Work item :: Report the tally of lines in the material below that have the string "parts", with no other output.

Supplied records ::
========

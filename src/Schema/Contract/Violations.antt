-- ===== src/Schema/Contract/Violations.antt =====
-- The set of violations: what an insertion adds, and that no element comes twice.
use light_waf.Prelude.{
  ℕ, ◌<◌, Bool, true, false, ◌||◌, ◌&&◌, List, [], ◌∷◌, ◌≡◌, arith, All, any, ◌==◌, ltb, inl, inr,
  Bool-cases,
}
use light_waf.Schema.Contract.{Violation, rank, insert, insert_if}

-- whether a set has this violation
abbrev pub has : Violation → List Violation → Bool
has v = any (λ w. rank v == rank w)

-- the elements are in order, each once
abbrev pub IsAscending : List Violation → Type 0
IsAscending [] = Unit
IsAscending (v ∷ out) = All (λ (w : Violation). rank v < rank w) out × IsAscending out

or_comm : (a b : Bool) → (a || b) ≡ (b || a)
or_comm a b = ground arith

or_assoc : (a b c : Bool) → (a || (b || c)) ≡ ((a || b) || c)
or_assoc a b c = ground arith

eq_absorbs :
    (v w x : ℕ) (h : Bool) → (w == x) ≡ true → ((v == x) || h) ≡ (((v == x) || h) || (v == w))
eq_absorbs v w x h same = ground arith

pub has-insert :
    (v w : Violation) (out : List Violation)
    → has v (insert w out) ≡ (has v out || (rank v == rank w))
unfolding insert
has-insert v w [] = ground arith
has-insert v w (x ∷ out) = elim (Bool-cases (rank w == rank x)) [
  | inl same ↦ rw same (eq_absorbs (rank v) (rank w) (rank x) (has v out) same)
  | inr other ↦ elim (Bool-cases (ltb (rank w) (rank x))) [
    | inl less ↦ rw (other, less) (or_comm (rank v == rank w) ((rank v == rank x) || has v out))
    | inr more ↦
        rw (other, more)
          (rw (has-insert v w out) (or_assoc (rank v == rank x) (has v out) (rank v == rank w)))
  ]
]

pub has-insert_if :
    (v : Violation) (b : Bool) (w : Violation) (out : List Violation)
    → has v (insert_if b w out) ≡ (has v out || (b && (rank v == rank w)))
unfolding insert_if
has-insert_if v true w out = has-insert v w out
has-insert_if v false w out = ground arith

All-insert :
    (u v : Violation) (out : List Violation)
    → rank u < rank v
    → All (λ (w : Violation). rank u < rank w) out
    → All (λ (w : Violation). rank u < rank w) (insert v out)
unfolding insert
All-insert u v [] h a = (h, tt)
All-insert u v (x ∷ out) h a = elim (Bool-cases (rank v == rank x)) [
  | inl same ↦ rw same a
  | inr other ↦ elim (Bool-cases (ltb (rank v) (rank x))) [
    | inl less ↦ rw (other, less) (h, a)
    | inr more ↦ rw (other, more) (a.0, All-insert u v out h a.1)
  ]
]

All-below :
    (m n : ℕ) (out : List Violation)
    → m < n
    → All (λ (w : Violation). n < rank w) out
    → All (λ (w : Violation). m < rank w) out
All-below m n [] h a = tt
All-below m n (w ∷ out) h a = (omega arith, All-below m n out h a.1)

pub insert-IsAscending :
    (v : Violation) (out : List Violation) → IsAscending out → IsAscending (insert v out)
unfolding insert
insert-IsAscending v [] h = (tt, tt)
insert-IsAscending v (x ∷ out) h = elim (Bool-cases (rank v == rank x)) [
  | inl same ↦ rw same h
  | inr other ↦ elim (Bool-cases (ltb (rank v) (rank x))) [
    | inl less ↦
        rw (other, less) ((ground arith, All-below (rank v) (rank x) out (ground arith) h.0), h)
    | inr more ↦
        rw (other, more) (All-insert x v out (ground arith) h.0, insert-IsAscending v out h.1)
  ]
]

pub insert_if-IsAscending :
    (b : Bool) (v : Violation) (out : List Violation)
    → IsAscending out
    → IsAscending (insert_if b v out)
unfolding insert_if
insert_if-IsAscending true v out h = insert-IsAscending v out h
insert_if-IsAscending false v out h = h
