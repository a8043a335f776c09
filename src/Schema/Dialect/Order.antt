-- ===== src/Schema/Dialect/Order.antt =====
-- Changing an object before its members, as the source does, gives the same.
use light_waf.Prelude.{
  Bool, true, false, ◌||◌, Option, none, some, Bytes, codes, ◌=bytes◌, ◌≡◌, refl, ap, ◌∙◌,
  Bool-cases, inl, inr,
}
use light_waf.Schema.Value.{
  Value, Values, Members, null, bool, number, string, array, object, no_values, value_and,
  no_members, member_and, member,
}
use light_waf.Schema.Dialect.{
  remove, insert, contains_null, push, add_null_to_type, bool_of, insert_some, fix_with,
  fix_exclusive_bound, widen_type, widen_with, normalize_object, normalize_schema_3_0,
  normalize_values, normalize_members,
}
use mathlib.Core.Option

abbrev normalize_some : Option Value → Option Value
normalize_some = Option.map normalize_schema_3_0

member-normalize_members :
    (k : Bytes) (m : Members) → member k (normalize_members m) ≡ normalize_some (member k m)
unfolding member normalize_members
member-normalize_members k no_members = refl
member-normalize_members k (member_and j v rest) = elim (Bool-cases (j =bytes k)) [
  | inl same ↦ rw same refl
  | inr other ↦ rw other (member-normalize_members k rest)
]

remove-normalize_members :
    (k : Bytes) (m : Members) → remove k (normalize_members m) ≡ normalize_members (remove k m)
unfolding remove normalize_members
remove-normalize_members k no_members = refl
remove-normalize_members k (member_and j v rest) = elim (Bool-cases (j =bytes k)) [
  | inl same ↦ rw same (remove-normalize_members k rest)
  | inr other ↦
      rw other (ap (member_and j (normalize_schema_3_0 v)) (remove-normalize_members k rest))
]

insert-normalize_members :
    (k : Bytes) (w : Value) (m : Members)
    → insert k (normalize_schema_3_0 w) (normalize_members m) ≡ normalize_members (insert k w m)
unfolding insert normalize_members
insert-normalize_members k w no_members = refl
insert-normalize_members k w (member_and j v rest) = elim (Bool-cases (j =bytes k)) [
  | inl same ↦ rw same refl
  | inr other ↦
      rw other (ap (member_and j (normalize_schema_3_0 v)) (insert-normalize_members k w rest))
]

bool_of-normalize_some : (o : Option Value) → bool_of (normalize_some o) ≡ bool_of o
unfolding normalize_schema_3_0
bool_of-normalize_some none = refl
bool_of-normalize_some (some null) = refl
bool_of-normalize_some (some (bool b)) = refl
bool_of-normalize_some (some (number n)) = refl
bool_of-normalize_some (some (string s)) = refl
bool_of-normalize_some (some (array items)) = refl
bool_of-normalize_some (some (object m)) = refl

contains_null-normalize_values :
    (items : Values) → contains_null (normalize_values items) ≡ contains_null items
unfolding contains_null normalize_values normalize_schema_3_0
contains_null-normalize_values no_values = refl
contains_null-normalize_values (value_and (string s) rest) =
    ap (λ b. (s =bytes codes "null") || b) (contains_null-normalize_values rest)
contains_null-normalize_values (value_and null rest) = contains_null-normalize_values rest
contains_null-normalize_values (value_and (bool b) rest) = contains_null-normalize_values rest
contains_null-normalize_values (value_and (number n) rest) = contains_null-normalize_values rest
contains_null-normalize_values (value_and (array items) rest) = contains_null-normalize_values rest
contains_null-normalize_values (value_and (object m) rest) = contains_null-normalize_values rest

push-normalize_values :
    (items : Values) (w : Value)
    → push (normalize_values items) (normalize_schema_3_0 w) ≡ normalize_values (push items w)
unfolding push normalize_values
push-normalize_values no_values w = refl
push-normalize_values (value_and v rest) w =
    ap (value_and (normalize_schema_3_0 v)) (push-normalize_values rest w)

add_null_to_type-normalize :
    (t : Value)
    → add_null_to_type (normalize_schema_3_0 t) ≡ normalize_schema_3_0 (add_null_to_type t)
unfolding add_null_to_type normalize_schema_3_0 normalize_values
add_null_to_type-normalize (string s) = refl
add_null_to_type-normalize null = refl
add_null_to_type-normalize (bool b) = refl
add_null_to_type-normalize (number n) = refl
add_null_to_type-normalize (object m) = refl
add_null_to_type-normalize (array items) = elim (Bool-cases (contains_null items)) [
  | inl has ↦ rw has (rw (contains_null-normalize_values items ∙ has) refl)
  | inr lacks ↦ rw lacks (
      rw (contains_null-normalize_values items ∙ lacks)
        (ap array (push-normalize_values items (string (codes "null")))))
]

widen_type-normalize :
    (o : Option Value) (m : Members)
    → widen_type (normalize_some o) (normalize_members m) ≡ normalize_members (widen_type o m)
unfolding normalize_members widen_type
widen_type-normalize none m = refl
widen_type-normalize (some t) m =
    ap (λ v. insert (codes "type") v (normalize_members m)) (add_null_to_type-normalize t)
    ∙ insert-normalize_members (codes "type") (add_null_to_type t) m

widen_with-normalize :
    (o : Option Bool) (m : Members)
    → widen_with o (normalize_members m) ≡ normalize_members (widen_with o m)
unfolding normalize_members widen_with
widen_with-normalize none m = refl
widen_with-normalize (some false) m = refl
widen_with-normalize (some true) m =
    ap (λ o. widen_type o (normalize_members m)) (member-normalize_members (codes "type") m)
    ∙ widen_type-normalize (member (codes "type") m) m

insert_some-normalize :
    (k : Bytes) (o : Option Value) (m : Members)
    → insert_some k (normalize_some o) (normalize_members m) ≡ normalize_members (insert_some k o m)
unfolding normalize_members insert_some
insert_some-normalize k none m = refl
insert_some-normalize k (some v) m = insert-normalize_members k v m

fix_with-normalize :
    (o : Option Bool) (excl bound : Bytes) (m : Members)
    → fix_with o excl bound (normalize_members m) ≡ normalize_members (fix_with o excl bound m)
unfolding normalize_members fix_with
fix_with-normalize none excl bound m = refl
fix_with-normalize (some false) excl bound m = remove-normalize_members excl m
fix_with-normalize (some true) excl bound m =
    ap (λ n. insert_some excl (member bound n) (remove bound n)) (remove-normalize_members excl m)
    ∙ ap (λ o. insert_some excl o (remove bound (normalize_members (remove excl m))))
        (member-normalize_members bound (remove excl m))
    ∙ ap (insert_some excl (normalize_some (member bound (remove excl m))))
        (remove-normalize_members bound (remove excl m))
    ∙ insert_some-normalize excl (member bound (remove excl m)) (remove bound (remove excl m))

fix_exclusive_bound-normalize :
    (excl bound : Bytes) (m : Members)
    → fix_exclusive_bound excl bound (normalize_members m)
      ≡ normalize_members (fix_exclusive_bound excl bound m)
unfolding fix_exclusive_bound
fix_exclusive_bound-normalize excl bound m =
    ap (λ o. fix_with o excl bound (normalize_members m))
      (ap bool_of (member-normalize_members excl m) ∙ bool_of-normalize_some (member excl m))
    ∙ fix_with-normalize (bool_of (member excl m)) excl bound m

-- For every object, normalising its members after the object itself was changed, as the source does, gives the
-- same as changing the object after its members were normalised.
pub normalize_object-normalize_members :
    (m : Members) → normalize_object (normalize_members m) ≡ normalize_members (normalize_object m)
unfolding normalize_object
normalize_object-normalize_members m =
    let nullable = bool_of (member (codes "nullable") m) in
    let plain = remove (codes "nullable") (widen_with nullable m) in
    ap
      (λ o. fix_exclusive_bound (codes "exclusiveMaximum") (codes "maximum") (
        fix_exclusive_bound (codes "exclusiveMinimum") (codes "minimum")
          (remove (codes "nullable") (widen_with o (normalize_members m)))))
      (ap bool_of (member-normalize_members (codes "nullable") m)
        ∙ bool_of-normalize_some (member (codes "nullable") m))
    ∙ ap
        (λ n.
          fix_exclusive_bound (codes "exclusiveMaximum") (codes "maximum")
            (fix_exclusive_bound (codes "exclusiveMinimum") (codes "minimum") n))
        (ap (remove (codes "nullable")) (widen_with-normalize nullable m)
          ∙ remove-normalize_members (codes "nullable") (widen_with nullable m))
    ∙ ap (fix_exclusive_bound (codes "exclusiveMaximum") (codes "maximum"))
        (fix_exclusive_bound-normalize (codes "exclusiveMinimum") (codes "minimum") plain)
    ∙ fix_exclusive_bound-normalize (codes "exclusiveMaximum") (codes "maximum")
        (fix_exclusive_bound (codes "exclusiveMinimum") (codes "minimum") plain)
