-- ===== src/BTree/Split/Gather.antt =====
-- The first half of `split` of BTree.c, on a full leaf: its keys and the new one in order.
use Prim.Native.Nat.{Ordering, lt, gt}
use gaveta.Base.{
  ℕ, zero, suc, ◌+◌, ◌≤◌, ◌≡◌, refl, sym, ◌∙◌, ap, ap₂, subst, true, false, Option, none, some,
  List, [], ◌∷◌, ◌++◌, append_assoc, append-nil, arith, length, length-append, length-replicate,
  replicate, unsnoc, get_elem?, get_elem?-append_right, inl, inr, ◌==◌, ok, ◌>>=◌,
}
use gaveta.Heap.{Bytes}
use gaveta.BTree.{Key, BTreeNode, strcmp, put_elem, copy_up}
use gaveta.BTree.Shift.{put_elem-append}
use gaveta.BTree.Search.{Holds, Before, nil, cons, Ascending, has_key, strcmp_trans, Ordering-cases}
use gaveta.BTree.Insert.{insert_key}
use gaveta.BTree.Balance.{copy_up-copied}
use gaveta.BTree.Split.{zero_key, no_child, slide, add_child, gather, no_memory, no_rrn, split}

-- The keys are all related to `id` by this comparison.
pub data All (o : Ordering) (id : Bytes) : List Key → Type 0 where
  all_nil : All o id []
  all_cons : {k : Key} {ks : List Key} → strcmp k.id id ≡ o → All o id ks → All o id (k ∷ ks)

pub All-unsnoc :
    {o : Ordering} {id : Bytes} (ys : List Key) (y : Key)
    → All o id (ys ++ y ∷ [])
    → All o id ys × (strcmp y.id id ≡ o)
All-unsnoc [] y (all_cons e all_nil) = (all_nil, e)
All-unsnoc (x ∷ ys) y (all_cons e all) =
    let (before, last) = All-unsnoc ys y all in (all_cons e before, last)

-- The loop passes over the bigger keys, which move up by one cell, and stops at a smaller one.
slide-stops :
    (n : ℕ) (id : Bytes) (pre : List Key) (spare : List Key) (children : List ℕ)
    → length pre ≡ n
    → All lt id pre
    → slide n true id (pre ++ spare) children ≡ ok (n, pre ++ spare, children)
unfolding slide
slide-stops zero id pre spare children len all = refl
slide-stops (suc n) id pre spare children len all =
    let (ys, y, is, len') = unsnoc n pre len in
    let (_, last) = All-unsnoc ys y (subst (λ t. All lt id t) is all) in
    let here : length ys + 0 ≡ n = omega (arith, len') in
    let at : get_elem? (pre ++ spare) n ≡ some y =
      ap (λ t. get_elem? t n) (ap (λ t. t ++ spare) is ∙ append_assoc ys (y ∷ []) spare)
      ∙ subst (λ j. get_elem? (ys ++ y ∷ spare) j ≡ some y) here
          (get_elem?-append_right ys (y ∷ spare) 0) in
    rw (slide, at, last)

slide-moved :
    (n c : ℕ) (id : Bytes) (pre post : List Key) (r : Key) (spare : List Key) (children : List ℕ)
    → length pre + length post ≡ n
    → length post ≡ c
    → All lt id pre
    → All gt id post
    → (v : Key) × (slide n true id (pre ++ (post ++ r ∷ spare)) children
        ≡ ok (length pre, pre ++ v ∷ (post ++ spare), children))
unfolding slide
slide-moved n zero id pre [] r spare children len size below above =
    let e : length pre ≡ n = omega (arith, len) in
    (
      r,
      slide-stops n id pre (r ∷ spare) children e below
          ∙ ap (λ j. ok (j, pre ++ r ∷ spare, children)) (sym e),
    )
slide-moved n zero id pre (k ∷ post) r spare children len size below above =
    absurd (omega (arith, size))
slide-moved zero (suc c) id pre post r spare children len size below above =
    absurd (omega (arith, len, size))
slide-moved (suc n) (suc c) id pre post r spare children len size below above =
    let (ys, y, is, len') = unsnoc c post size in
    let (above', last) = All-unsnoc ys y (subst (λ t. All gt id t) is above) in
    let (v, run) =
      slide-moved n c id pre ys y (y ∷ spare) children (omega (arith, len, size, len')) len' below
        above' in
    let front : pre ++ (post ++ r ∷ spare) ≡ (pre ++ ys) ++ y ∷ r ∷ spare =
      ap (λ t. pre ++ t) (ap (λ t. t ++ r ∷ spare) is ∙ append_assoc ys (y ∷ []) (r ∷ spare))
      ∙ sym (append_assoc pre ys (y ∷ r ∷ spare)) in
    let back : post ++ spare ≡ ys ++ y ∷ spare =
      ap (λ t. t ++ spare) is ∙ append_assoc ys (y ∷ []) spare in
    let joined : length (pre ++ ys) ≡ n = omega (arith, length-append pre ys, len, size, len') in
    let here : length (pre ++ ys) + 0 ≡ n = omega (arith, joined) in
    let there : length (pre ++ ys) + 1 ≡ n + 1 = omega (arith, joined) in
    let at : get_elem? ((pre ++ ys) ++ y ∷ r ∷ spare) n ≡ some y =
      subst (λ j. get_elem? ((pre ++ ys) ++ y ∷ r ∷ spare) j ≡ some y) here
        (get_elem?-append_right (pre ++ ys) (y ∷ r ∷ spare) 0) in
    let write : put_elem ((pre ++ ys) ++ y ∷ r ∷ spare) (n + 1) y
        ≡ ok ((pre ++ ys) ++ y ∷ y ∷ spare) =
      subst (λ j. put_elem ((pre ++ ys) ++ y ∷ r ∷ spare) j y ≡ ok ((pre ++ ys) ++ y ∷ y ∷ spare))
        there (put_elem-append (pre ++ ys) (y ∷ r ∷ spare) 1 y (omega arith)) in
    (
      v,
      ap (λ t. slide (suc n) true id t children) front
          ∙ rw (slide, at, last, write, ◌>>=◌)
              (ap (λ t. slide n true id t children) (append_assoc pre ys (y ∷ y ∷ spare))
                ∙ run
                ∙ ap (λ t. ok (length pre, pre ++ v ∷ t, children)) (sym back)),
    )

pub above-Before :
    (id : Bytes) (k : Key) (ks : List Key) → strcmp k.id id ≡ gt → Before k ks → All gt id ks
above-Before id k [] g nil = all_nil
above-Before id k (l ∷ ks) g (cons b before) =
    all_cons (strcmp_trans k.id id l.id g b) (above-Before id k ks g before)

-- The place of a new key is between the smaller and the bigger ones.
insert_key-parts :
    (k : Key) (ks : List Key)
    → has_key k.id ks ≡ false
    → Ascending ks
    → (pre post : List Key) × (ks ≡ pre ++ post)
      × All lt k.id pre
      × All gt k.id post
      × (insert_key k ks ≡ pre ++ k ∷ post)
unfolding insert_key has_key
insert_key-parts k [] new nil = ([], [], refl, all_nil, all_nil, refl)
insert_key-parts k (l ∷ ks) new (cons l_id before asc) = elim (Ordering-cases (strcmp l.id k.id)) [
  | inl e ↦
      let later : has_key k.id ks ≡ false = ground (arith, new, e) in
      let (pre, post, is, below, above, ins) = insert_key-parts k ks later asc in
      (l ∷ pre, post, ap (λ t. l ∷ t) is, all_cons e below, above, rw e (ap (λ t. l ∷ t) ins))
  | inr (inl e) ↦ absurd (ground (arith, new, e))
  | inr (inr e) ↦
      ([], l ∷ ks, refl, all_nil, all_cons e (above-Before k.id l ks e before), rw e refl)
]

-- The first cells of an array are copied to the front of another.
pub copied :
    (ks behind room : List Key)
    → length ks ≤ length room
    → (rest : List Key) × (copy_up (length ks) 0 0 (ks ++ behind) room ≡ ok (ks ++ rest))
      × (length ks + length rest ≡ length room)
copied ks behind room fits = copy_up-copied [] ks behind [] room fits

pub one-cell : (rest : List Key) → length rest ≡ 1 → (r : Key) × (rest ≡ r ∷ [])
one-cell [] e = absurd (omega (arith, e))
one-cell (r ∷ []) e = (r, refl)
one-cell (r ∷ x ∷ rest) e = absurd (omega (arith, e))

add_child-leaf :
    (r_child : Option ℕ) (n : ℕ) (children : List ℕ)
    → add_child r_child true n children ≡ ok children
unfolding add_child
add_child-leaf none n children = refl
add_child-leaf (some rrn) n children = refl

-- Of a full leaf, with one key less than the order and the keys ascending, `temp_keys` becomes its keys
-- with the new one in its place, where the leaf does not hold this key, and `temp_children` stays empty.
pub gathered :
    {p : BTreeNode} {ks : List Key} (order : ℕ) (r_child : Option ℕ) (k : Key)
    → Holds p ks
    → Ascending ks
    → p.leaf ≡ true
    → p.keys_num + 1 ≡ order
    → has_key k.id ks ≡ false
    → gather order p r_child k ≡ ok (insert_key k ks, replicate (order + 1) no_child)
unfolding gather
gathered {p} {ks} order r_child k holds asc leaf full new =
    let (pre, post, is, below, above, ins) = insert_key-parts k ks new asc in
    let zeros : List Key = replicate order zero_key in
    let zeros_len : length zeros ≡ order = length-replicate order zero_key in
    let (rest, copy, len) =
      copied ks holds.spare zeros (omega (arith, holds.count, full, zeros_len)) in
    let (r, rest_is) = one-cell rest (omega (arith, len, holds.count, full, zeros_len)) in
    let kids : List ℕ = replicate (order + 1) no_child in
    let copy' : copy_up p.keys_num 0 0 p.keys zeros ≡ ok (pre ++ (post ++ r ∷ [])) =
      ap₂ (λ n t. copy_up n 0 0 t zeros) (sym holds.count) holds.cells
      ∙ copy
      ∙ ap (λ t. ok t) (ap₂ (λ a b. a ++ b) is rest_is ∙ append_assoc pre post (r ∷ [])) in
    let n : length pre + length post ≡ p.keys_num =
      sym (length-append pre post) ∙ ap (λ t. length t) (sym is) ∙ holds.count in
    let (v, slid) =
      slide-moved p.keys_num (length post) k.id pre post r [] kids n refl below above in
    let here : length pre + 0 ≡ length pre = omega arith in
    let write : put_elem (pre ++ v ∷ (post ++ [])) (length pre) k ≡ ok (pre ++ k ∷ (post ++ [])) =
      subst (λ j. put_elem (pre ++ v ∷ (post ++ [])) j k ≡ ok (pre ++ k ∷ (post ++ []))) here
        (put_elem-append pre (v ∷ (post ++ [])) 0 k (omega arith)) in
    let done : pre ++ k ∷ (post ++ []) ≡ insert_key k ks =
      ap (λ t. pre ++ k ∷ t) (append-nil post) ∙ sym ins in
    rw (gather, copy', leaf, slid, write, add_child-leaf r_child (length pre) kids, ◌>>=◌)
      (ap (λ t. ok (t, kids)) done)

-- Without a record number for the new node nothing is split.
pub split-no_rrn :
    (order : ℕ) (p new : BTreeNode) (r_child : Option ℕ) (k : Key) {t : List Key × List ℕ}
    → gather order p r_child k ≡ ok t
    → new.rrn ≡ no_child
    → split order p r_child k (some new) ≡ ok no_rrn
unfolding split
split-no_rrn order p new r_child k run gone =
    let out : (new.rrn == no_child) ≡ true = ground (arith, gone) in rw (run, ◌>>=◌, out) refl

-- Without memory for the new node nothing is split.
pub split-no_memory :
    (order : ℕ) (p : BTreeNode) (r_child : Option ℕ) (k : Key)
    → split order p r_child k none ≡ (gather order p r_child k >>= λ t. ok no_memory)
unfolding split
split-no_memory order p r_child k = refl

========

Your solution :: 5